The Punjab Banking Company
- Company type: Private sector
- Industry: Banking, Insurance, Capital Markets and allied industries
- Founded: 1 May 1889 as The Punjab Banking Company
- Founder: David Parkes Masson
- Defunct: 31 March 1916
- Fate: merged with the Alliance Bank of Simla
- Successor: Alliance Bank of Simla
- Headquarters: Lahore, India
- Number of locations: Punjab province
- Area served: India
- Products: Deposits, Personal Banking Schemes, C & I Banking Schemes, Agri Banking Schemes, SME Banking Schemes
- Services: Banking, Trade Finance
- Parent: Alliance Bank of Simla

= Punjab Banking Company =

Indian bank

The Punjab Banking Company (1889) was a bank founded in the year 1889 in British India. The bank became defunct in the year 1916, when it was acquired by the Alliance Bank of Simla.

== History ==

=== Founding ===

The Punjab Banking Company was founded by Sir David Parkes Masson in the year 1889.

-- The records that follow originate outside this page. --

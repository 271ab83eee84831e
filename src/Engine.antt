-- ===== src/Engine.antt =====
-- engine.rs: the runtime of a topology. The proofs about it are in the modules beside the parts.
pub mod State
pub mod Action
pub mod Reaction
pub mod Dispatch
pub mod Send
pub mod Validate
pub mod Build
pub mod Query
pub mod Holds
pub mod Walk
pub mod TraceJson
pub mod TraceRead
pub mod Commits
pub mod Relations
pub mod Still
pub mod Refine
pub mod Cascades
pub mod Replay
pub mod WellFormed
pub mod Validated
pub mod Built
pub mod Reloaded
pub mod Runs
pub mod Outcome
pub mod Reacts
pub mod GuardInfo
pub mod Atomic
pub mod Agree
pub mod Levels
pub mod Queue
pub mod Schedule
pub mod Joins
pub mod JoinOrder
pub mod Weigh
pub mod LeftOver
pub mod Complete
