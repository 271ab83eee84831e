-- ===== src/Engine/Agree.antt =====
-- Two actions agree on the states of one depth limit.
use sig_topo.Base.{ℕ, ◌≡◌, refl, ap, ◌∙◌, Result, ok, err}
use sig_topo.Json.{Platform}
use sig_topo.Error.{EngineError}
use sig_topo.Engine.State.{Engine, Act, capture, ◌>>=◌, lift}
use sig_topo.Engine.Holds.{Holds}
use sig_topo.Engine.Relations.{Refines}

module _ {p : Platform} (limit : ℕ) where
  pub record Agree {A : Type 0} (m m' : Act p A) : Type 0 where
    pub on : (e : Engine p) → e.max_cascade_depth ≡ limit → m e ≡ m' e

  pub Agree-refl : {A : Type 0} (m : Act p A) → Agree m m
  Agree-refl m = record { on = λ e h. refl }

  pub Agree-capture : {A : Type 0} (m m' : Act p A) → Agree m m' → Agree (capture m) (capture m')
  unfolding capture
  Agree-capture m m' h = record {
    on = λ e l. ap (λ (r : Result EngineError _ × Engine p). (ok r.0, r.1)) (h.on e l);
  }

  continue-Agree :
      {A B : Type 0} (f f' : A → Act p B) (r : Result EngineError A) (e : Engine p)
      → e.max_cascade_depth ≡ limit
      → ((a : A) → Agree (f a) (f' a))
      → (lift r >>= f) e ≡ (lift r >>= f') e
  unfolding ◌>>=◌
  continue-Agree f f' (ok a) e l h = (h a).on e l
  continue-Agree f f' (err x) e l h = refl

  -- The first action keeps the depth limit, so the rests are compared where they agree.
  pub Agree-bind :
      {A B : Type 0} (m m' : Act p A) (f f' : A → Act p B)
      → Agree m m'
      → Holds Refines m'
      → ((a : A) → Agree (f a) (f' a))
      → Agree (m >>= f) (m' >>= f')
  unfolding ◌>>=◌
  Agree-bind {A} m m' f f' h kept k = record {
    on = λ e l.
        ap (λ (r : Result EngineError A × Engine p). (lift r.0 >>= f) r.1) (h.on e l)
        ∙ continue-Agree f f' (m' e).0 (m' e).1 ((kept.at e).fixed.max_cascade_depth ∙ l) k;
  }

The bank's customers were located in the Punjab province of British India.

=== Management ===

The bank was staffed by mostly British nationals who were drawn mainly from the East India Company.

The bank was headquartered in Lahore city in the Punjab province.

=== Final years ===

The bank had branches in Abbottabad, Dalhousie, Ferozepore, Jullundar, Karachi, Cantonment [sic], Multan, Naushera (in the North-west Frontier province), Quetta, Peshawar, Sialkot, Simla, and Srinagar.

In 1916, the bank was finally merged with the Alliance Bank of Simla.

== Legacy ==

The bank is notable for being one of the oldest banks in India.

The bank is also notable for being one of the precursors of the State Bank of India, through its predecessor the Alliance Bank of Simla.